Esteemed Photographer Brian Harris Life Story: A Life Through the Lens
The photojournalist Brian Harris, who passed away at the age of 73 of cancer, ended his schooling at 16 to work as a courier, and eventually became one of the most respected UK photojournalists of his era.
A Global Career
He travelled across the globe as a freelance or a employee for Fleet Street publications, covering major happenings including the collapse of the Berlin Wall, drought and hunger in Ethiopia and Sudan, the Troubles in Northern Ireland, war zones in the Balkans and throughout Africa, the aftermath of the Falklands conflict and four US election campaigns. He also created lyrical scenic views of the countryside around his home county of Essex home.
By his own calculation he took over 2m photographs, taking an average of 100 a day, but he made that count some years back. He kept sharing historical and new images each day on social media until a short time before his death, and had been arranging to deliver a lecture on his career and experiences.Memorable Projects
Tales from a turbulent career featured an costly business class flight in 1991 to reach the funeral in India of the slain politician Rajiv Gandhi, where he collapsed from heatstroke and pneumonia and was treated with ice that had been employed to cool the body.
His 1983 images of the at that time Labour party leader Neil Kinnock with his wife, Glenys, falling into the sea on Brighton beach were published across multiple columns of a front page, and are regularly reproduced as a hideous example of photo-opportunity hubris. His 2016 memoir, ... And Then the Prime Minister Hit Me, took the title from an exasperated John Major striking him with a folded briefing paper.
Career Milestones
He became the Times’ youngest ever staff photographer when he started there in 1976, at the age of 26, and was based around the world for almost ten years, including coverage of the end of the civil war in Rhodesia (now Zimbabwe). He eventually resigned over what he saw as censorship of his most powerful images of starvation in Africa.
In 1986 Harris became chief photographer as the team was assembled to create a new newspaper. He played a key role in shaping the style of journalistic photography that the paper became known for, helping set new standards for news photography and newspaper design, in striking images filling front and back pages. Among many awards, he was honoured as the What the Papers Say photographer of the year in 1990 for his work in the former Eastern Bloc recording the fall of communism.
He operated independently after being made redundant in 1999, and significant projects after that included a year spent photographing cemeteries across the world in 2006 for the Commonwealth War Graves Commission, which resulted in an display launched in London – where he gave a personal tour to the Queen and the Duke of Edinburgh – and a moving book, Remembered.
Background and Beginnings
Harris was born in east London, to Dorothy and Leonard Harris, an technician who later assisted him build a darkroom in the garage. In the mid 1950s, the family relocated farther east – and to a better area – to the Rise Park estate in Romford, Essex. Brian attended Chase Cross secondary modern school, acquiring useful skills in woodwork and metalwork, before leaving at 16.

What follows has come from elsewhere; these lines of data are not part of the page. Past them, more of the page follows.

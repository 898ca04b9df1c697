-- ===== src/Workflow/Progress.antt =====
-- agent_control/workflow/scheduler.py: `run` as a whole keeps what is COMPLETED.
use freaky_monkey.Base.{
  ℕ, zero, suc, ◌+◌, ◌-◌, ◌≤◌, Bool, true, false, List, ◌≡◌, refl, sym, ◌∙◌, subst, arith, All,
  All-map_of, any, ◌||◌, inl, inr, Bool-cases,
}
use freaky_monkey.Workflow.Status.{is_cancelled}
use freaky_monkey.Workflow.Model.{WorkflowStep, Workflow}
use freaky_monkey.Workflow.Ready.{
  Result, ok, ◌>>=◌, >>=-eq-ok, ok-injective, ready_nodes, completed_ids, marked_steps,
}
use freaky_monkey.Workflow.Readiness.{Marks, ready_nodes-Marks}
use freaky_monkey.Workflow.Run.{Environment, RunState, dispatch, futures_from}
use freaky_monkey.Workflow.Dispatch.{dispatch-Sends}
use freaky_monkey.Workflow.Rounds.{
  complete_all, cancel_step, cancel_workflow, settle, Next, leave, again, observe_cancel,
  after_round, set_steps, work, round_of, run_loop,
}
use freaky_monkey.Workflow.Lasting.{
  Marks-AllLast, AllLast, AllLast-same, AllLast-append, map-AllLast, sent-AllLast, futures-IsOpen,
  IsOpen, complete_all-AllLast,
}

-- `as_completed` yields only futures that it was given: what holds of each of them holds of each
-- position that arrives. The order is free, and so is how often and whether one arrives.
abbrev pub YieldsGiven : Environment → Type 1
YieldsGiven env =
    (round : ℕ) (futures : List ℕ) (P : ℕ → Type 0)
    → All P futures
    → All P (env.arrival round futures)

module _ (env : Environment) (honest : YieldsGiven env) (max : ℕ) where
  -- The round after the submission loop.
  after_sent :
      (round : ℕ) (st st1 : RunState) (next : Next) (ms : List (WorkflowStep × Bool)) (is : List ℕ)
      (steps : List WorkflowStep)
      → AllLast steps st.workflow.steps
      → All (IsOpen steps) is
      → (complete_all env round st is >>= λ st''.
          ok (after_round (observe_cancel (env.interrupts round) st'')))
        ≡ ok (st1, next)
      → AllLast steps st1.workflow.steps
  after_sent round st st1 next ms is steps h o e =
      let (st2, done, last) = >>=-eq-ok (complete_all env round st is) _ e in
      subst (λ x. AllLast steps x.0.workflow.steps) (ok-injective last)
        (complete_all-AllLast env round steps is st st2 h o done)

  abbrev idle_state : RunState → List (WorkflowStep × Bool) → RunState
  idle_state st ms = record st { workflow = settle (set_steps st.workflow (marked_steps ms)) }

  abbrev sent_of : RunState → List (WorkflowStep × Bool) → List (WorkflowStep × Bool)
  sent_of st ms = (dispatch max st.locks 0 ms).1

  abbrev sent_state : RunState → List (WorkflowStep × Bool) → RunState
  sent_state st ms = record st {
    workflow = set_steps st.workflow (marked_steps (sent_of st ms));
    locks = (dispatch max st.locks 0 ms).0;
  }

  settle-steps : (w : Workflow) → (settle w).steps ≡ w.steps
  unfolding settle
  settle-steps w = refl

  sent_futures :
      (st : RunState) (ms : List (WorkflowStep × Bool))
      → Marks st.workflow.context (completed_ids st.workflow.steps) st.workflow.steps ms
      → All (IsOpen st.workflow.steps) (futures_from 0 (sent_of st ms))
  sent_futures st ms marks =
      All-map_of (λ i. (0 ≤ i) × IsOpen st.workflow.steps (i - 0)) (IsOpen st.workflow.steps)
        (futures_from 0 (sent_of st ms)) (λ i q. subst (IsOpen st.workflow.steps) (same i) q.1)
        (futures-IsOpen st.workflow.context (completed_ids st.workflow.steps) st.workflow.steps ms
          (sent_of st ms) 0 marks (dispatch-Sends max 0 st.locks ms))
    where
      same : (i : ℕ) → i - 0 ≡ i
      same i = omega arith

  work-AllLast :
      (round : ℕ) (st st1 : RunState) (next : Next) (ms : List (WorkflowStep × Bool))
      → ready_nodes st.workflow ≡ ok ms
      → work env max round st ms ≡ ok (st1, next)
      → AllLast st.workflow.steps st1.workflow.steps
  unfolding work
  work-AllLast round st st1 next ms scanned e =
      let steps = st.workflow.steps in
      let ids = completed_ids steps in
      let context = st.workflow.context in
      let marks = ready_nodes-Marks st.workflow ms scanned in
      let sends = dispatch-Sends max 0 st.locks ms in
      let kept = sent-AllLast context ids steps ms (sent_of st ms) marks sends in
      elim (Bool-cases (any (λ m. m.1) ms)) [
        | inr none_ready ↦
            subst (λ x. AllLast steps x.0.workflow.steps) (ok-injective (idle none_ready ∙ e))
              (subst (AllLast steps) (sym (settle-steps (set_steps st.workflow (marked_steps ms))))
                (Marks-AllLast context ids steps ms marks))
        | inl some_ready ↦ elim (Bool-cases (any (λ m. m.1) (sent_of st ms))) [
          | inr none_sent ↦
              subst (λ x. AllLast steps x.0.workflow.steps)
                (ok-injective (stuck some_ready none_sent ∙ e)) kept
          | inl some_sent ↦
              after_sent round (sent_state st ms) st1 next ms
                (env.arrival round (futures_from 0 (sent_of st ms))) steps kept
                (honest round (futures_from 0 (sent_of st ms)) (IsOpen steps)
                  (sent_futures st ms marks))
                (busy some_ready some_sent ∙ e)
        ]
      ]
    where
      idle : any (λ m. m.1) ms ≡ false → ok (idle_state st ms, leave) ≡ work env max round st ms
      idle h = rw (h, work) refl

      stuck :
          any (λ m. m.1) ms ≡ true
          → any (λ m. m.1) (sent_of st ms) ≡ false
          → ok (sent_state st ms, again) ≡ work env max round st ms
      stuck h k = rw (h, k, work) refl

      busy :
          any (λ m. m.1) ms ≡ true
          → any (λ m. m.1) (sent_of st ms) ≡ true
          → (complete_all env round
                (sent_state st ms)
                (env.arrival round (futures_from 0 (sent_of st ms)))
              >>= λ st''. ok (after_round (observe_cancel (env.interrupts round) st'')))
            ≡ work env max round st ms
      busy h k = rw (h, k, work) refl

  pub round_of-AllLast :
      (round : ℕ) (st st1 : RunState) (next : Next)
      → round_of env max round st ≡ ok (st1, next)
      → AllLast st.workflow.steps st1.workflow.steps
  unfolding round_of cancel_workflow
  round_of-AllLast round st st1 next e =
      let seen = observe_cancel (env.cancels round) st in
      let stop = seen.workflow.cancel_requested || is_cancelled seen.workflow.status in
      elim (Bool-cases stop) [
        | inl halted ↦
            subst (λ x. AllLast st.workflow.steps x.0.workflow.steps)
              (ok-injective (stopped halted ∙ e))
              (map-AllLast cancel_step st.workflow.steps st.workflow.steps (λ t. ground arith)
                (λ t. ground arith) (AllLast-same st.workflow.steps))
        | inr going ↦
            let (ms, scanned, rest) = >>=-eq-ok (ready_nodes seen.workflow) _ (goes_on going ∙ e) in
            work-AllLast round seen st1 next ms scanned rest
      ]
    where
      stopped :
          ((observe_cancel (env.cancels round) st).workflow.cancel_requested
              || is_cancelled (observe_cancel (env.cancels round) st).workflow.status)
            ≡ true
          → ok (
            record (observe_cancel (env.cancels round) st) {
              workflow = cancel_workflow (observe_cancel (env.cancels round) st).workflow;
            },
            leave,
          )
            ≡ round_of env max round st
      stopped h = rw (h, round_of) refl

      goes_on :
          ((observe_cancel (env.cancels round) st).workflow.cancel_requested
              || is_cancelled (observe_cancel (env.cancels round) st).workflow.status)
            ≡ false
          → (ready_nodes (observe_cancel (env.cancels round) st).workflow
              >>= work env max round (observe_cancel (env.cancels round) st))
            ≡ round_of env max round st
      goes_on h = rw (h, round_of) refl

  loop_rest :
      (left round : ℕ) (st st1 st2 : RunState) (done : Bool) (next : Next)
      → AllLast st.workflow.steps st2.workflow.steps
      → (run_loop env max left round st2 ≡ ok (st1, done)
          → AllLast st2.workflow.steps st1.workflow.steps)
      → (elim next as (λ _. Result (RunState × Bool)) [
        | leave ↦ ok (st2, true)
        | again ↦ run_loop env max left round st2
      ])
        ≡ ok (st1, done)
      → AllLast st.workflow.steps st1.workflow.steps
  loop_rest left round st st1 st2 done leave h later e =
      subst (λ x. AllLast st.workflow.steps x.0.workflow.steps) (ok-injective e) h
  loop_rest left round st st1 st2 done again h later e =
      AllLast-append st.workflow.steps st2.workflow.steps st1.workflow.steps h (later e)

  -- When the futures that arrive are among those that were submitted, and no exception ends the
  -- run: however many rounds `run` makes, whatever the executors answer or raise, and whenever it is
  -- cancelled, the nodes keep their number, their order, their identifiers and their dependencies,
  -- and a node that was COMPLETED is COMPLETED at its end.
  pub run_loop-AllLast :
      (left round : ℕ) (st st1 : RunState) (done : Bool)
      → run_loop env max left round st ≡ ok (st1, done)
      → AllLast st.workflow.steps st1.workflow.steps
  unfolding run_loop
  run_loop-AllLast zero round st st1 done e =
      subst (λ x. AllLast st.workflow.steps x.0.workflow.steps) (ok-injective e)
        (AllLast-same st.workflow.steps)
  run_loop-AllLast (suc left) round st st1 done e =
      let (r, first, rest) = >>=-eq-ok (round_of env max round st) _ e in
      loop_rest left (round + 1) st st1 r.0 done r.1 (round_of-AllLast round st r.0 r.1 first)
        (run_loop-AllLast left (round + 1) r.0 st1 done) rest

At a central London photo agency, he rose rapidly from delivery boy to photographer, and launched his professional career at east London local papers before progressing to major publications.
Colleagues and Legacy
Fellow photographers, often outpaced by him, remembered his work as remarkable. A colleague, who worked with him in the early days, called him “a great and fearless photographer”, an influence to a generation of junior colleagues. Another associate, a union representative, said he “reimagined the possibilities of news photography during newspapers’ peak era”.
Personal Life
In 2001 Harris made contact through a online service with Nikki Bertroya, whom he had initially encountered as a toddler in infant school, and they became inseparable partners through his final decades. After receiving his terminal diagnosis, they went on a driving tour in Europe, posting sunny images of good meals and quality drinks, and revisiting significant sites including Dresden and Ypres.

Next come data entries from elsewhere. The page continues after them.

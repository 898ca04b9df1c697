-- ===== src/Workflow/Returns.antt =====
-- agent_control/workflow/scheduler.py: `run` returns on a workflow that `validate` accepts.
use freaky_monkey.Base.{
  ℕ, zero, suc, ◌+◌, String, Bool, true, false, Option, none, some, List, [], ◌∷◌, ◌≡◌, refl, sym,
  ap, ◌∙◌, subst, arith, All, any, ◌||◌, get_elem?, str_eq, eq_iff, inl, inr, Bool-cases,
  Option-cases, if◌then◌else◌, leb,
}
use freaky_monkey.Base.Dict.{contains, insert}
use freaky_monkey.Workflow.Status.{is_cancelled}
use freaky_monkey.Workflow.Model.{WorkflowStep}
use freaky_monkey.Workflow.Locks.{
  LockManager, release, IsConsistent, try_acquire, try_acquire-IsConsistent, release_lem,
}
use freaky_monkey.Workflow.Ready.{Result, ok, ◌>>=◌, ready_nodes, completed_ids, marked_steps}
use freaky_monkey.Workflow.Graph.{ids_of, validate}
use freaky_monkey.Workflow.Checked.{scan_total, every_dep_known, validate-IsSchedulable}
use freaky_monkey.Workflow.Run.{Environment, RunState, submit, dispatch, futures_from}
use freaky_monkey.Workflow.Rounds.{
  after_outcome, complete, complete_all, Next, leave, again, observe_cancel, after_round, set_steps,
  work, round_of, run_loop,
}
use freaky_monkey.Workflow.Lasting.{AllLast}
use freaky_monkey.Workflow.Progress.{YieldsGiven, round_of-AllLast}

-- Each dependency is the identifier of a node.
abbrev pub DepsKnown : List String → List WorkflowStep → Type 0
DepsKnown ids ss = All (λ s. All (λ d. contains ids d ≡ true) s.dependencies) ss

AllLast-ids : (ss ts : List WorkflowStep) → AllLast ss ts → ids_of ts ≡ ids_of ss
AllLast-ids [] [] h = refl
AllLast-ids (s ∷ ss) (t ∷ ts) h = cc (h.0.0, AllLast-ids ss ts h.1)
AllLast-ids [] (t ∷ ts) h = absurd h
AllLast-ids (s ∷ ss) [] h = absurd h

AllLast-DepsKnown :
    (ids : List String) (ss ts : List WorkflowStep)
    → AllLast ss ts
    → DepsKnown ids ss
    → DepsKnown ids ts
AllLast-DepsKnown ids [] [] h k = tt
AllLast-DepsKnown ids (s ∷ ss) (t ∷ ts) h k = (
  subst (All (λ d. contains ids d ≡ true)) (ap (λ p. p.1) (sym h.0.0)) k.0,
  AllLast-DepsKnown ids ss ts h.1 k.1,
)
AllLast-DepsKnown ids [] (t ∷ ts) h k = absurd h
AllLast-DepsKnown ids (s ∷ ss) [] h k = absurd h

submit-IsConsistent :
    (max n : ℕ) (locks : LockManager) (s : WorkflowStep)
    → IsConsistent locks
    → IsConsistent (submit max locks n s).0
unfolding submit
submit-IsConsistent max n locks s h =
    let taken = try_acquire-IsConsistent locks s.resource_key s.step_id h in
    elim (Bool-cases (leb max n)) [
      | inl full ↦ rw (full, submit) h
      | inr room ↦ elim (Bool-cases (try_acquire locks s.resource_key s.step_id).1) [
        | inl got ↦ rw (room, got, submit) taken
        | inr held ↦ rw (room, held, submit) taken
      ]
    ]

pub dispatch-IsConsistent :
    (max n : ℕ) (locks : LockManager) (ms : List (WorkflowStep × Bool))
    → IsConsistent locks
    → IsConsistent (dispatch max locks n ms).0
unfolding dispatch
dispatch-IsConsistent max n locks [] h = h
dispatch-IsConsistent max n locks ((s, false) ∷ ms) h = dispatch-IsConsistent max n locks ms h
dispatch-IsConsistent max n locks ((s, true) ∷ ms) h =
    dispatch-IsConsistent max (if (submit max locks n s).2 then n + 1 else n)
      (submit max locks n s).0 ms (submit-IsConsistent max n locks s h)

release_total :
    (m : LockManager) (r : Option String) (node : String)
    → IsConsistent m
    → (m' : LockManager) × (release m r node ≡ some m') × IsConsistent m'
unfolding release
release_total m none node h = (m, refl, h)
release_total m (some r) node h = elim (Bool-cases (str_eq r "")) [
  | inl empty ↦ (m, ground arith, h)
  | inr named ↦
      let (m', e, c, f) = release_lem m r node (λ p. absurd (ground (arith, eq_iff r ""))) h in
      (m', e, c)
]

-- The call returns a state whose locks are consistent.
abbrev Returns : Result RunState → Type 0
Returns r = (st : RunState) × (r ≡ ok st) × IsConsistent st.locks

module _ (env : Environment) (round : ℕ) where
  complete_total :
      (st : RunState) (i : ℕ) → IsConsistent st.locks → Returns (complete env round st i)
  unfolding complete
  complete_total st i h = elim (Option-cases (get_elem? st.workflow.steps i)) [
    | inl absent ↦ rw (absent, complete) (st, refl, h)
    | inr (s, found) ↦
        let o = env.executor round s in
        let (m', e, c) = release_total st.locks s.resource_key s.step_id h in
        rw (found, e, complete)
          (
            record {
              workflow = after_outcome st.workflow i s o;
              results = insert s.step_id o st.results;
              locks = m';
            },
            refl,
            c,
          )
  ]

  complete_all_total :
      (is : List ℕ) (st : RunState) → IsConsistent st.locks → Returns (complete_all env round st is)
  unfolding complete_all
  complete_all_total [] st h = (st, refl, h)
  complete_all_total (i ∷ is) st h =
      let (st1, e, c) = complete_total st i h in
      let (st2, e', c') = complete_all_total is st1 c in
      (st2, ap (λ r. r >>= λ st'. complete_all env round st' is) e ∙ e', c')

abbrev RoundReturns : Result (RunState × Next) → Type 0
RoundReturns r = (x : RunState × Next) × (r ≡ ok x) × IsConsistent x.0.locks

module _ (env : Environment) (max : ℕ) where
  work_total :
      (round : ℕ) (st : RunState) (ms : List (WorkflowStep × Bool))
      → IsConsistent st.locks
      → RoundReturns (work env max round st ms)
  unfolding work
  work_total round st ms h = elim (Bool-cases (any (λ m. m.1) ms)) [
    | inr none_ready ↦ rw (none_ready, work) (_, refl, h)
    | inl some_ready ↦ elim (Bool-cases (any (λ m. m.1) sent)) [
      | inr none_sent ↦ rw (some_ready, none_sent, work) (_, refl, locked)
      | inl some_sent ↦
          let (st2, e, c) =
            complete_all_total env round (env.arrival round (futures_from 0 sent)) sent_state
              locked in
          rw (some_ready, some_sent, work)
            (after_round (observe_cancel (env.interrupts round) st2), ap (then_after round) e, c)
    ]
  ]
    where
      sent : List (WorkflowStep × Bool)
      sent = (dispatch max st.locks 0 ms).1

      sent_state : RunState
      sent_state = record st {
        workflow = set_steps st.workflow (marked_steps sent);
        locks = (dispatch max st.locks 0 ms).0;
      }

      locked : IsConsistent (dispatch max st.locks 0 ms).0
      locked = dispatch-IsConsistent max 0 st.locks ms h

      then_after : ℕ → Result RunState → Result (RunState × Next)
      then_after round r =
          r >>= λ st''. ok (after_round (observe_cancel (env.interrupts round) st''))

  round_of_total :
      (round : ℕ) (st : RunState)
      → DepsKnown (ids_of st.workflow.steps) st.workflow.steps
      → IsConsistent st.locks
      → RoundReturns (round_of env max round st)
  unfolding round_of ready_nodes
  round_of_total round st known h =
      let seen = observe_cancel (env.cancels round) st in
      elim (Bool-cases (seen.workflow.cancel_requested || is_cancelled seen.workflow.status)) [
        | inl halted ↦ rw (halted, round_of) (_, refl, h)
        | inr going ↦
            let (ms, scanned) =
              scan_total seen.workflow.context (completed_ids seen.workflow.steps) []
                seen.workflow.steps known in
            let (x, e, c) = work_total round seen ms h in
            rw (going, round_of) (x, ap (λ r. r >>= work env max round seen) scanned ∙ e, c)
      ]

  loop_end :
      (left round : ℕ) (st1 : RunState) (next : Next) (y : RunState × Bool)
      → run_loop env max left round st1 ≡ ok y
      → (x : RunState × Bool) × ((elim next as (λ _. Result (RunState × Bool)) [
        | leave ↦ ok (st1, true)
        | again ↦ run_loop env max left round st1
      ])
          ≡ ok x)
  loop_end left round st1 leave y e = ((st1, true), refl)
  loop_end left round st1 again y e = (y, e)

  module _ (honest : YieldsGiven env) where
    run_loop_total :
        (left round : ℕ) (st : RunState)
        → DepsKnown (ids_of st.workflow.steps) st.workflow.steps
        → IsConsistent st.locks
        → (x : RunState × Bool) × (run_loop env max left round st ≡ ok x)
    unfolding run_loop
    run_loop_total zero round st known h = ((st, false), refl)
    run_loop_total (suc left) round st known h =
        let ((st1, next), e, c) = round_of_total round st known h in
        let kept = round_of-AllLast env honest max round st st1 next e in
        let ids = AllLast-ids st.workflow.steps st1.workflow.steps kept in
        let known1 =
          AllLast-DepsKnown (ids_of st.workflow.steps) st.workflow.steps st1.workflow.steps kept
            known in
        let (y, later) =
          run_loop_total left (round + 1) st1
            (subst (λ k. DepsKnown k st1.workflow.steps) (sym ids) known1) c in
        let (x, last) = loop_end left (round + 1) st1 next y later in (x, ap then_next e ∙ last)
      where
        then_next : Result (RunState × Next) → Result (RunState × Bool)
        then_next r = r >>= λ p. elim p.1 as (λ _. Result (RunState × Bool)) [
          | leave ↦ ok (p.0, true)
          | again ↦ run_loop env max left (round + 1) p.0
        ]

    -- On a workflow that `validate` accepts, with consistent locks, and when the futures that arrive
    -- are among those that were submitted: for every bound on the rounds, the loop of `run` gives a
    -- state. No read of a missing node and no release of another's lock ends it in an exception,
    -- whatever the executors answer or raise.
    pub run_loop-returns :
        (left : ℕ) (st : RunState)
        → validate st.workflow ≡ some (ok tt)
        → IsConsistent st.locks
        → (x : RunState × Bool) × (run_loop env max left 0 st ≡ ok x)
    run_loop-returns left st valid = run_loop_total left 0 st (
        every_dep_known st.workflow.steps st.workflow.steps
          (validate-IsSchedulable st.workflow valid).1)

His final project, finished a few weeks before his death, was to transfer his vast archive of 55 years’ work to a long-term repository. Among his favourite archive images he commented on a very young Harris consuming large glasses of wine with the actor Helen Mirren: “What a blessed life I’ve had – no regrets and no ‘Must Do’s’”.
He was wed twice, each union ended in divorce.
He is survived by Nikki, his son Jacob, from his second marriage, Nikki’s daughter, Holly, and by his sister, Jan.